F200717 06:20:30.156151 4050 sql/conn_executor.go:2167 nil ctx; see https://github.com/cockroachdb/cockroach/issues/51460
input event: sql.eventNonRetriableErr{IsCommit:true}, old state: Aborted, new state: Aborted, txn event: txnRollback, advance: skipBatch, stmt: COMMIT TRANSACTION, connCtx: 0xc004d6afc0, hijackedCtx: %!p(<nil>), txn ctx: %!p(<nil>)
goroutine 4050 [running]:
github.com/cockroachdb/cockroach/pkg/util/log.getStacks(0x7526c00, 0xed6a33a2e, 0x0, 0x12)
/go/src/github.com/cockroachdb/cockroach/pkg/util/log/get_stacks.go:25 +0xb8
github.com/cockroachdb/cockroach/pkg/util/log.(*loggerT).outputLogEntry(0x75238c0, 0xc000000004, 0x6a6cbec, 0x14, 0x877, 0xc005fa2640, 0x12a)
/go/src/github.com/cockroachdb/cockroach/pkg/util/log/clog.go:210 +0xa29
github.com/cockroachdb/cockroach/pkg/util/log.addStructured(0x4bd0120, 0xc0000f0090, 0x4, 0x2, 0x440fe37, 0xc2, 0xc0064994b0, 0x9, 0x9)
/go/src/github.com/cockroachdb/cockroach/pkg/util/log/structured.go:66 +0x2c9
github.com/cockroachdb/cockroach/pkg/util/log.logDepth(0x4bd0120, 0xc0000f0090, 0x1, 0x4, 0x440fe37, 0xc2, 0xc0064994b0, 0x9, 0x9)
/go/src/github.com/cockroachdb/cockroach/pkg/util/log/log.go:44 +0x8c
github.com/cockroachdb/cockroach/pkg/util/log.Fatalf(...)
/go/src/github.com/cockroachdb/cockroach/pkg/util/log/log.go:155
github.com/cockroachdb/cockroach/pkg/sql.(*connExecutor).txnStateTransitionsApplyWrapper(0xc003fd7000, 0x4b4d220, 0xc00a91e390, 0x3edc4e0, 0xc00a91e3a0, 0x7f109d4f8ea8, 0xc0087ac680, 0x3b, 0x0, 0x0, ...)

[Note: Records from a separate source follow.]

-- ===== src/Provision/Frame.antt =====
-- A provisioning request changes no state of the client.
use thingsboard_sdk.Base.{ℕ, Option-cases, inl, inr, Bytes, arith}
use thingsboard_sdk.Platform.{Env}
use thingsboard_sdk.World.{World}
use thingsboard_sdk.World.Keeps.{Keeps}
use thingsboard_sdk.Requests.{after_alloc, request_alloc, request_free, send_coap}
use thingsboard_sdk.Requests.Frame.{Framed}
use thingsboard_sdk.Provision.{print_provision, make_provisioning_request}

module _ (e : Env) where
  print_provision-Framed :
      (name : Bytes) (r : ℕ) (w : World) → Framed w (print_provision e name r w).0
  unfolding print_provision request_free send_coap
  print_provision-Framed name r w = ground arith

  pub make_provisioning_request-Framed :
      (name : Bytes) → Keeps Framed (make_provisioning_request e name)
  unfolding make_provisioning_request request_alloc
  make_provisioning_request-Framed name w = elim (Option-cases (e.mem_slab_alloc w.history)) [
    | inl p ↦ rw (p, make_provisioning_request, request_alloc) (ground arith)
    | inr (r, p) ↦
        rw (p, make_provisioning_request, request_alloc)
          (print_provision-Framed name r (after_alloc r w))
  ]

/go/src/github.com/cockroachdb/cockroach/pkg/sql/conn_executor.go:2167 +0x8e0
github.com/cockroachdb/cockroach/pkg/sql.(*connExecutor).execCmd(0xc003fd7000, 0x4bd00e0, 0xc005c4dc00, 0x0, 0x0)

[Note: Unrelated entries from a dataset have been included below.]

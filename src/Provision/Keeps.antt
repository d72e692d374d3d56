-- ===== src/Provision/Keeps.antt =====
-- What provisioning keeps: any relation that allows what changes nothing of the client and passes no
-- request, the provisioning request and the callback.
use thingsboard_sdk.Base.{
  ℕ, [], ◌∷◌, Bool-cases, Bool, some, Option-cases, inl, inr, Bytes, arith, true, false,
}
use thingsboard_sdk.Types.{ok, err, ReturnCode}
use thingsboard_sdk.Types.Cases.{Result-cases}
use thingsboard_sdk.Platform.{
  Env, Delivery, ProvisionResponse, settings_load, settings_subsys_init, settings_save_one,
}
use thingsboard_sdk.World.{World, M, ask, when}
use thingsboard_sdk.World.Keeps.{Keeps}
use thingsboard_sdk.Requests.{request_free}
use thingsboard_sdk.Requests.Traffic.{Calm}
use thingsboard_sdk.Fota.{is_zero}
use thingsboard_sdk.Provision.{
  take_token, take_response, process_prov_resp, handle_prov_resp, accepted_token,
  make_provisioning_request, use_token, load_token, load_entries, provision_device, stored_token,
}

module _ (e : Env) (prov_callback : Bytes → World → World × (Unit {0})) (R : World → World → Type 0)
    (calm : (v w : World) → Calm v w → R v w) (transitive : (u v w : World) → R u v → R v w → R u w)
    (kept : (token : Bytes) → Keeps R (prov_callback token)) where
  when-Keeps-after :
      (b : Bool) (m : M (Unit {0})) (w v : World) → R w v → Keeps R m → R w (when b m v).0
  when-Keeps-after true m w v h k = transitive w v (m v).0 h (k v)
  when-Keeps-after false m w v h k = h

  take_token-Keeps : (token : Bytes) → Keeps R (take_token e prov_callback token)
  unfolding take_token
  take_token-Keeps token w =
      let v = record w { prov_token = token } in
      let u =
        (ask (λ h. e.settings_save_result h (stored_token token))
          (settings_save_one (stored_token token)) v).0 in
      when-Keeps-after v.prov_cb (prov_callback token) w u (calm w u (ground arith)) (kept token)

  take_response-Keeps :
      (response : ProvisionResponse) → Keeps R (take_response e prov_callback response)
  unfolding take_response
  take_response-Keeps response w = elim (Option-cases (accepted_token response)) [
    | inl p ↦ rw (p, take_response) (calm w w (ground arith))
    | inr (token, p) ↦ rw (p, take_response) (take_token-Keeps token w)
  ]

  pub process_prov_resp-Keeps :
      (res : ReturnCode) (payload : Bytes) → Keeps R (process_prov_resp e prov_callback res payload)
  unfolding process_prov_resp
  process_prov_resp-Keeps (err x) payload w = calm w w (ground arith)
  process_prov_resp-Keeps (ok n) payload w =
      elim (Result-cases (e.provision_response_from_json payload)) [
        | inl (response, p) ↦ rw (p, process_prov_resp) (take_response-Keeps response w)
        | inr (x, p) ↦ rw (p, process_prov_resp) (calm w w (ground arith))
      ]

  pub handle_prov_resp-Keeps :
      ((r : ℕ) (v : World) → R v (request_free (some r) v).0)
      → (d : Delivery) (r : ℕ) (w : World) → R w (handle_prov_resp e prov_callback d r w).0
  unfolding handle_prov_resp
  handle_prov_resp-Keeps freed d r w =
      let v = (process_prov_resp e prov_callback d.result_code d.payload w).0 in
      when-Keeps-after d.last_block (request_free (some r)) w v
        (process_prov_resp-Keeps d.result_code d.payload w) (freed r)

module _ (e : Env) (prov_callback : Bytes → World → World × (Unit {0})) (R : World → World → Type 0)
    (calm : (v w : World) → Calm v w → R v w) (transitive : (u v w : World) → R u v → R v w → R u w)
    (made : (name : Bytes) → Keeps R (make_provisioning_request e name))
    (kept : (token : Bytes) → Keeps R (prov_callback token)) where
  use_token-Keeps : (name token : Bytes) → Keeps R (use_token e prov_callback name token)
  unfolding use_token
  use_token-Keeps name [] w = made name w
  use_token-Keeps name (c ∷ cs) w = kept (c ∷ cs) w

  load_token-Keeps : (name : Bytes) → Keeps R (load_token e prov_callback name)
  unfolding load_token
  load_token-Keeps name w =
      let r = ask e.settings_load_result settings_load w in
      let token = load_entries (e.stored w.history) w.prov_token in
      let v = record (r.0) { prov_token = token } in
      elim (Bool-cases (is_zero r.1)) [
        | inl p ↦
            rw (p, load_token)
              (transitive w v (use_token e prov_callback name token v).0 (calm w v (ground arith))
                (use_token-Keeps name token v))
        | inr p ↦ rw (p, load_token) (calm w v (ground arith))
      ]

  pub provision_device-Keeps : (name : Bytes) → Keeps R (provision_device e prov_callback name)
  unfolding provision_device
  provision_device-Keeps name w =
      let r = ask e.settings_init_result settings_subsys_init (record w { prov_cb = true }) in
      elim (Bool-cases (is_zero r.1)) [
        | inl p ↦
            rw (p, provision_device)
              (transitive w r.0 (load_token e prov_callback name r.0).0 (calm w r.0 (ground arith))
                (load_token-Keeps name r.0))
        | inr p ↦ rw (p, provision_device) (calm w r.0 (ground arith))
      ]
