-- ===== src/Client/Start/Keeps.antt =====
-- What starting the client keeps: any relation that allows what the frame allows and the moves of
-- the client to its two final states.
use thingsboard_sdk.Base.{
  false, Bool, ℕ, zero, suc, ◌≡◌, refl, true, none, some, Option, Bytes, arith,
}
use thingsboard_sdk.Types.{
  ReturnCode, ok, err, ThingsboardState, connected, disconnected, provisioned,
}
use thingsboard_sdk.Platform.{Env}
use thingsboard_sdk.World.{World, M, ◌>>◌, when}
use thingsboard_sdk.World.Keeps.{IsPreorder, Keeps, if-Keeps, when-Keeps}
use thingsboard_sdk.Requests.{event}
use thingsboard_sdk.Requests.Frame.{depth, Framed}
use thingsboard_sdk.TimeSync.{start_time_sync}
use thingsboard_sdk.Fota.Start.{fota_init, fota_confirm_update}
use thingsboard_sdk.Fota.Start.Frame.{fota_init-Still, fota_confirm_update-Still}
use thingsboard_sdk.Socket.{socket_close}
use thingsboard_sdk.Socket.Frame.{socket_close-Calm}
use thingsboard_sdk.Provision.{make_provisioning_request, provision_device}
use thingsboard_sdk.Provision.Frame.{make_provisioning_request-Framed}
use thingsboard_sdk.Provision.Keeps.{provision_device-Keeps}
use thingsboard_sdk.Requests.Traffic.{Calm}
use thingsboard_sdk.Types.{FirmwareInfo}
use thingsboard_sdk.Attributes.{subscribe_attributes}
use thingsboard_sdk.Attributes.Frame.{subscribe_attributes-Steady}
use thingsboard_sdk.Client.Start.{
  set_state_with, device_name_of, firmware_of, set_token, prov_callback_with, start_fota,
  after_subscribe, go_online, after_provision, ask_token, obtain_token, start_with, start_client,
  prov_callback,
}

-- Where start_client may leave the client, but for CONNECTING.
abbrev pub is_final : ThingsboardState → Bool
is_final connected = true
is_final disconnected = true
is_final _ = false

-- `R` relates the state before to the state after.
pub record IsStartLaws (e : Env) (R : World → World → Type 0) : Type 0 where
  pub calm : (v w : World) → Calm v w → R v w
  pub transitive : (u v w : World) → R u v → R v w → R u w
  pub set_state :
      (start : M (Unit {0}))
      → Keeps R start
      → (s : ThingsboardState) → is_final s ≡ true
      → Keeps R (set_state_with start s)
  pub fota_init : (fw : FirmwareInfo) → Keeps R (fota_init e fw)
  pub fota_confirm_update : Keeps R (fota_confirm_update e)
  pub subscribe_attributes : Keeps R (subscribe_attributes e)
  pub make_provisioning_request : (name : Bytes) → Keeps R (make_provisioning_request e name)

-- A relation that allows all that the frame allows.
pub framed_laws :
    {R : World → World → Type 0} (e : Env)
    → ((v w : World) → Framed v w → R v w)
    → ((u v w : World) → R u v → R v w → R u w)
    → ((start : M (Unit {0}))
        → Keeps R start
        → (s : ThingsboardState) → is_final s ≡ true
        → Keeps R (set_state_with start s))
    → IsStartLaws e R
framed_laws e framed transitive set_state = record {
  calm = λ v w c. framed v w (c.0);
  transitive = transitive;
  set_state = set_state;
  fota_init = λ fw w. framed w (fota_init e fw w).0 ((fota_init-Still e fw w).0);
  fota_confirm_update =
      λ w. framed w (fota_confirm_update e w).0 ((fota_confirm_update-Still e w).0);
  subscribe_attributes =
      λ w. framed w (subscribe_attributes e w).0 ((subscribe_attributes-Steady e w).0);
  make_provisioning_request = λ name w.
      framed w (make_provisioning_request e name w).0 (make_provisioning_request-Framed e name w);
}

pub IsStartLaws-preorder : {e : Env} {R : World → World → Type 0} → IsStartLaws e R → IsPreorder R
IsStartLaws-preorder laws = record {
  reflexive = λ w. laws.calm w w ((refl, refl, refl, refl), refl, refl);
  transitive = laws.transitive;
}

start_time_sync-Calm : (b : Bool) → Keeps Calm (when b start_time_sync)
unfolding start_time_sync
start_time_sync-Calm b w = ground arith

told-Calm : (token : Bytes) (w : World) → Calm w (event provisioned (set_token token w).0).0
unfolding event
told-Calm token w = ground arith

module _ {R : World → World → Type 0} (e : Env) (laws : IsStartLaws e R) (start : M (Unit {0}))
    (started : Keeps R start) where
  prov_callback_with-Keeps : (token : Bytes) → Keeps R (prov_callback_with start token)
  unfolding prov_callback_with
  prov_callback_with-Keeps token w =
      let v = (event provisioned (set_token token w).0).0 in
      laws.transitive w v (start v).0 (laws.calm w v (told-Calm token w)) (started v)

  start_fota-Keeps : Keeps R (start_fota e)
  unfolding start_fota
  start_fota-Keeps w =
      let fw = firmware_of w.client.config in
      let v = (fota_init e fw w).0 in
      let u = (fota_confirm_update e v).0 in
      laws.transitive w v u (laws.fota_init fw w) (laws.fota_confirm_update v)

  after_subscribe-Keeps : (res : ReturnCode) → Keeps R (after_subscribe e start res)
  unfolding after_subscribe
  after_subscribe-Keeps (err x) w =
      let v = (socket_close e w.client.server_socket w).0 in
      laws.transitive w v (set_state_with start disconnected v).0
        (laws.calm w v (socket_close-Calm e w.client.server_socket w))
        (laws.set_state start started disconnected refl v)
  after_subscribe-Keeps (ok n) w =
      let v = (when e.kconfig.time start_time_sync w).0 in
      laws.transitive w v (set_state_with start connected v).0
        (laws.calm w v (start_time_sync-Calm e.kconfig.time w))
        (laws.set_state start started connected refl v)

  go_online-Keeps : Keeps R (go_online e start)
  unfolding go_online
  go_online-Keeps w =
      let v = (when e.kconfig.fota (start_fota e) w).0 in
      let s = subscribe_attributes e v in
      let u = (after_subscribe e start s.1 s.0).0 in
      laws.transitive w v u
        (when-Keeps (IsStartLaws-preorder laws) e.kconfig.fota (start_fota e) start_fota-Keeps w)
        (laws.transitive v s.0 u (laws.subscribe_attributes v) (after_subscribe-Keeps s.1 s.0))

  after_provision-Keeps : (res : ReturnCode) → Keeps R (after_provision e start res)
  unfolding after_provision
  after_provision-Keeps (err x) w = laws.set_state start started disconnected refl w
  after_provision-Keeps (ok n) w = laws.calm w w ((refl, refl, refl, refl), refl, refl)

  ask_token-Keeps : Keeps R (ask_token e start)
  unfolding ask_token
  ask_token-Keeps w =
      let name = device_name_of w.client.config in
      let p = provision_device e (prov_callback_with start) name w in
      laws.transitive w p.0 (after_provision e start p.1 p.0).0
        (provision_device-Keeps e (prov_callback_with start) R laws.calm laws.transitive
          laws.make_provisioning_request prov_callback_with-Keeps name w)
        (after_provision-Keeps p.1 p.0)

  set_token-Keeps : (token : Bytes) → Keeps R (set_token token)
  set_token-Keeps token w = laws.calm w (set_token token w).0 ((refl, refl, refl, refl), refl, refl)

  use_token-Keeps : Keeps R (do set_token e.kconfig.access_token; go_online e start)
  use_token-Keeps w =
      let v = (set_token e.kconfig.access_token w).0 in
      laws.transitive w v (go_online e start v).0 (set_token-Keeps e.kconfig.access_token w)
        (go_online-Keeps v)

  obtain_token-Keeps : Keeps R (obtain_token e start)
  unfolding obtain_token
  obtain_token-Keeps =
      if-Keeps (IsStartLaws-preorder laws) e.kconfig.use_provisioning (ask_token e start)
        (do set_token e.kconfig.access_token; go_online e start) ask_token-Keeps use_token-Keeps

  start_with-Keeps : (token : Option Bytes) → Keeps R (start_with e start token)
  unfolding start_with
  start_with-Keeps none =
      if-Keeps (IsStartLaws-preorder laws) e.kconfig.dtls (go_online e start) (obtain_token e start)
        go_online-Keeps obtain_token-Keeps
  start_with-Keeps (some token) = go_online-Keeps

module _ {R : World → World → Type 0} {e : Env} (laws : IsStartLaws e R) where
  pub start_client-Keeps : (depth : ℕ) → Keeps R (start_client e depth)
  unfolding start_client
  start_client-Keeps zero w = laws.calm w w ((refl, refl, refl, refl), refl, refl)
  start_client-Keeps (suc depth) w =
      start_with-Keeps e laws (start_client e depth) (start_client-Keeps depth)
        w.client.access_token w

  pub prov_callback-Keeps : (token : Bytes) → Keeps R (prov_callback e token)
  unfolding prov_callback
  prov_callback-Keeps token w =
      prov_callback_with-Keeps e laws (start_client e 2) (start_client-Keeps 2) token w
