-- ===== src/Client/Moved.antt =====
-- Where starting the client leaves it.
use thingsboard_sdk.Base.{Bytes, ◌≡◌, ◌⊎◌, inl, inr, true, arith}
use thingsboard_sdk.Types.{ThingsboardState, init, connecting, connected, suspended, disconnected}
use thingsboard_sdk.World.{World, M}
use thingsboard_sdk.World.Keeps.{Keeps}
use thingsboard_sdk.Requests.{lock, unlock, event}
use thingsboard_sdk.Platform.{Env}
use thingsboard_sdk.Requests.Frame.{Framed}
use thingsboard_sdk.Client.Start.{
  handle_state, set_state_with, start_client, set_state, prov_callback,
}
use thingsboard_sdk.Client.Start.Keeps.{
  framed_laws, IsStartLaws, is_final, start_client-Keeps, prov_callback-Keeps,
}

-- In the same state, or connected or disconnected.
abbrev pub Moved : World → World → Type 0
Moved v w = (w.client.state ≡ v.client.state) ⊎ (is_final w.client.state ≡ true)

pub Moved-then : (u v w : World) → Moved u v → Moved v w → Moved u w
Moved-then u v w (inl p) (inl q) = inl cc
Moved-then u v w (inr p) (inl q) = inr (rw q p)
Moved-then u v w g (inr q) = inr q

set_state_with-final :
    (start : M (Unit {0})) (s : ThingsboardState) (w : World)
    → is_final s ≡ true
    → is_final (set_state_with start s w).0.client.state ≡ true
unfolding set_state_with handle_state event lock unlock
set_state_with-final start connected w h = ground arith
set_state_with-final start disconnected w h = ground arith
set_state_with-final start init w h = cc
set_state_with-final start connecting w h = cc
set_state_with-final start suspended w h = cc

pub Framed→Moved : (v w : World) → Framed v w → Moved v w
Framed→Moved v w h = inl (h.0)

Moved-IsStartLaws : (e : Env) → IsStartLaws e Moved
Moved-IsStartLaws e =
    framed_laws e Framed→Moved Moved-then
      λ start started s t w. inr (set_state_with-final start s w t)

module _ (e : Env) where
  start_client-Moved : Keeps Moved (start_client e 2)
  start_client-Moved = start_client-Keeps (Moved-IsStartLaws e) 2

  -- thingsboard_set_state(THINGSBOARD_STATE_CONNECTING) leaves the client connecting, as it does
  -- while the provisioning is on its way, or connected or disconnected.
  pub set_state-connecting :
      (w : World)
      → ((set_state e connecting w).0.client.state ≡ connecting)
        ⊎ (is_final (set_state e connecting w).0.client.state ≡ true)
  unfolding set_state set_state_with handle_state lock unlock
  set_state-connecting w = grind (arith, start_client-Moved)

  pub prov_callback-Moved : (token : Bytes) → Keeps Moved (prov_callback e token)
  prov_callback-Moved token = prov_callback-Keeps (Moved-IsStartLaws e) token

/go/src/github.com/cockroachdb/cockroach/pkg/sql/conn_executor.go:1497 +0x952
github.com/cockroachdb/cockroach/pkg/sql.(*connExecutor).run(0xc003fd7000, 0x4bd00e0, 0xc004d6afc0, 0xc000100100, 0x5400, 0x15000, 0xc000100198, 0xc00acbbb30, 0x0, 0x0)
/go/src/github.com/cockroachdb/cockroach/pkg/sql/conn_executor.go:1297 +0x1f2
github.com/cockroachdb/cockroach/pkg/sql.(*Server).ServeConn(0xc000632680, 0x4bd00e0, 0xc004d6afc0, 0xc003fd7000, 0x5400, 0x15000, 0xc000100198, 0xc00acbbb30, 0x0, 0x0)
/go/src/github.com/cockroachdb/cockroach/pkg/sql/conn_executor.go:476 +0x104
github.com/cockroachdb/cockroach/pkg/sql/pgwire.(*conn).processCommandsAsync.func1(0xc00581ed69, 0xc003cce600, 0x4bd00e0, 0xc004d6afc0, 0xc00acbbb30, 0xc000632680, 0xc0087ac000, 0x4bf3de0, 0xc0011c2c30, 0xc004e4b4a0, ...)
/go/src/github.com/cockroachdb/cockroach/pkg/sql/pgwire/conn.go:591 +0x2e8
created by github.com/cockroachdb/cockroach/pkg/sql/pgwire.(*conn).processCommandsAsync
/go/src/github.com/cockroachdb/cockroach/pkg/sql/pgwire/conn.go:523 +0x17e
spaskob commented 4 years ago

The full logs are at the zendesk ticket: https://cockroachdb.zendesk.com/agent/tickets/5806

github-actions[bot] commented 1 year ago

We have marked this issue as stale because it has been inactive for 18 months. If this issue is still relevant, removing the stale label or adding a comment will keep it active. Otherwise, we'll close it in 10 days to keep the issue queue tidy. Thank you for your contribution to CockroachDB!